Semi-new to overnight rafting/float trips, but my family has been avid car campers for years. I learned how to play the national park/state park campground book-and-cancel game all too well. As everyone here knows you book the furthest date out you possible can (60 plus days for RH) and ensure that you have this or that spot (in this case Black Rocks or Mee for most floaters) for the real date you intend to camp. The game would be played by booking 65 days out- book an additional campsite for a few days before, then the system allows you to continue booking (I think) five additional days = 65 days out. So now you have the advantage of scoring the site you really wanted. You will not always win as someone else may out smart you or "ghost" book the site you really wanted. As for the regular car campgrounds we'd get the spot next to the lake, the great canyon view, or the largest spot in the campground for the specific dates we wanted by booking 6 months plus ahead of time. Then, I'd go back in a week later, after initially booking, and cancel all of the days I know we were not going to use, and get a REFUND for those nights I canceled. Go ahead throw rocks, but I ALWAYS canceled the nights I won't be there. Ruby-Horsethief does not offer this financial incentive- as you are paying to be on the river and it doesn't matter if you book for one night or five nights. To my knowledge, you are paying to use the river, not the land so-to-speak. (Unless you don't stay overnight- then I guess it's free, but where's the enjoyment in that?)

IMHO- RH needs to charge per night (just like car campgrounds) do vs just a flat fee to be on the river, and 'maybe' this would incentivize people to actually cancel their future unused nights. Maybe take away the per person/heartbeat fee and just go old-fashion w/ a per night fee. (By no means do I want the fees raised or added to- just adjusted as a per night. And, why the heck not- if you hop sites on the river a couple of times then you are technically applying a use-fee to the land.) I believe no return financial incentive makes some people lazy to just let the nights go unused. What's it to them if they don't show up the first three nights? The 8 day cancellation policy wouldn't apply, or matter, to these people as they intend to eventually show up, but later on in their reservation.
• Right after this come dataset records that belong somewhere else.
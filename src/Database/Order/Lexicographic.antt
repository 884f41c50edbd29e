-- ===== src/Database/Order/Lexicographic.antt =====
-- The order of two columns is a strict order if those of the columns are.
use public_parks.Prelude.{
  ◌≡◌, refl, sym, ap, ◌∙◌, subst, ◌↔◌, ◌⊎◌, inl, inr, Bool, true, false, ◌&&◌, ◌||◌, arith,
  Bool-cases,
}
use public_parks.Database.Order.{StrictOrder, lexicographic}

or_cases : (x y : Bool) → (x || y) ≡ true → (x ≡ true) ⊎ (y ≡ true)
or_cases x y h = ground arith

module _ {A B : Type 0} (first : StrictOrder A) (same : A → A → Bool) (second : StrictOrder B)
    (same_iff : (a c : A) → (same a c ≡ true) ↔ (a ≡ c)) where
  lex_cases :
      (p q : A × B)
      → lexicographic first.before same second.before p q ≡ true
      → (first.before p.0 q.0 ≡ true) ⊎ ((q.0 ≡ p.0) × (second.before p.1 q.1 ≡ true))
  lex_cases (a, b) (c, d) h = elim (or_cases (first.before a c) (same c a && second.before b d) h) [
    | inl less ↦ inl less
    | inr tie ↦ elim (Bool-cases (same c a)) [
      | inl equal ↦ inr ((same_iff c a).0 equal, rw equal at tie)
      | inr apart ↦ absurd (cc (rw apart at tie))
    ]
  ]

  lex_first :
      (p q : A × B)
      → first.before p.0 q.0 ≡ true
      → lexicographic first.before same second.before p q ≡ true
  lex_first (a, b) (c, d) h = rw h

  lex_second :
      (p q : A × B)
      → q.0 ≡ p.0
      → second.before p.1 q.1 ≡ true
      → lexicographic first.before same second.before p q ≡ true
  lex_second (a, b) (c, d) e h = let equal = (same_iff c a).1 e in ground (arith, equal, h)

  pub lex_irreflexive : (p : A × B) → lexicographic first.before same second.before p p ≡ false
  lex_irreflexive (a, b) = rw (first.irreflexive a, (same_iff a a).1 refl, second.irreflexive b)

  pub lex_transitive :
      (p q r : A × B)
      → lexicographic first.before same second.before p q ≡ true
      → lexicographic first.before same second.before q r ≡ true
      → lexicographic first.before same second.before p r ≡ true
  lex_transitive p q r h k = elim (lex_cases p q h) [
    | inl less ↦ elim (lex_cases q r k) [
      | inl also ↦ lex_first p r (first.transitive p.0 q.0 r.0 less also)
      | inr tie ↦ lex_first p r (subst (λ x. first.before p.0 x ≡ true) (sym tie.0) less)
    ]
    | inr tie ↦ elim (lex_cases q r k) [
      | inl less ↦ lex_first p r (subst (λ x. first.before x r.0 ≡ true) tie.0 less)
      | inr also ↦ lex_second p r (also.0 ∙ tie.0) (second.transitive p.1 q.1 r.1 tie.1 also.1)
    ]
  ]

  pub lex_total :
      (p q : A × B)
      → (p ≡ q)
        ⊎ ((lexicographic first.before same second.before p q ≡ true)
            ⊎ (lexicographic first.before same second.before q p ≡ true))
  lex_total p q = elim (first.total p.0 q.0) [
    | inr (inl less) ↦ inr (inl (lex_first p q less))
    | inr (inr more) ↦ inr (inr (lex_first q p more))
    | inl equal ↦ elim (second.total p.1 q.1) [
      | inl also ↦ inl (ap (λ a. (a, p.1)) equal ∙ ap (λ b. (q.0, b)) also)
      | inr (inl less) ↦ inr (inl (lex_second p q (sym equal) less))
      | inr (inr more) ↦ inr (inr (lex_second q p equal more))
    ]
  ]

  -- Of two columns: by the first, and by the second where the first agree.
  unfoldable pub two_columns : StrictOrder (A × B)
  two_columns = record {
    before = lexicographic first.before same second.before;
    irreflexive = lex_irreflexive;
    transitive = lex_transitive;
    total = lex_total;
  }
Another IMHO moment- RH's cancel and rebook system scares the crap out of newbies. We are not sure if we are going to lose all of our nights by simply cancelling the ones we know we won't be using. A few months ago, I was on a 43 minute chat with the RH customer service operator going round and round with the person who kept saying, "any change in permit launch dates needs to be fully cancelled and rebooked." She couldn't answer any additional questions and couldn't even tell me the specific sites I had booked- she just kept saying check my reservation email or RH permit policy page. I was scared as heck to lose my spots by altering my dates! For people who have learned the system, there has to be an easier more secure way to cancel specific days or camps without starting the booking phase over. BTW- why do we really have to change the launch date if we were already supposed to be on the river? The same # of people on the river should be available as we were already supposed to be there??? So why do I need to start my reservation over just to change the launch date?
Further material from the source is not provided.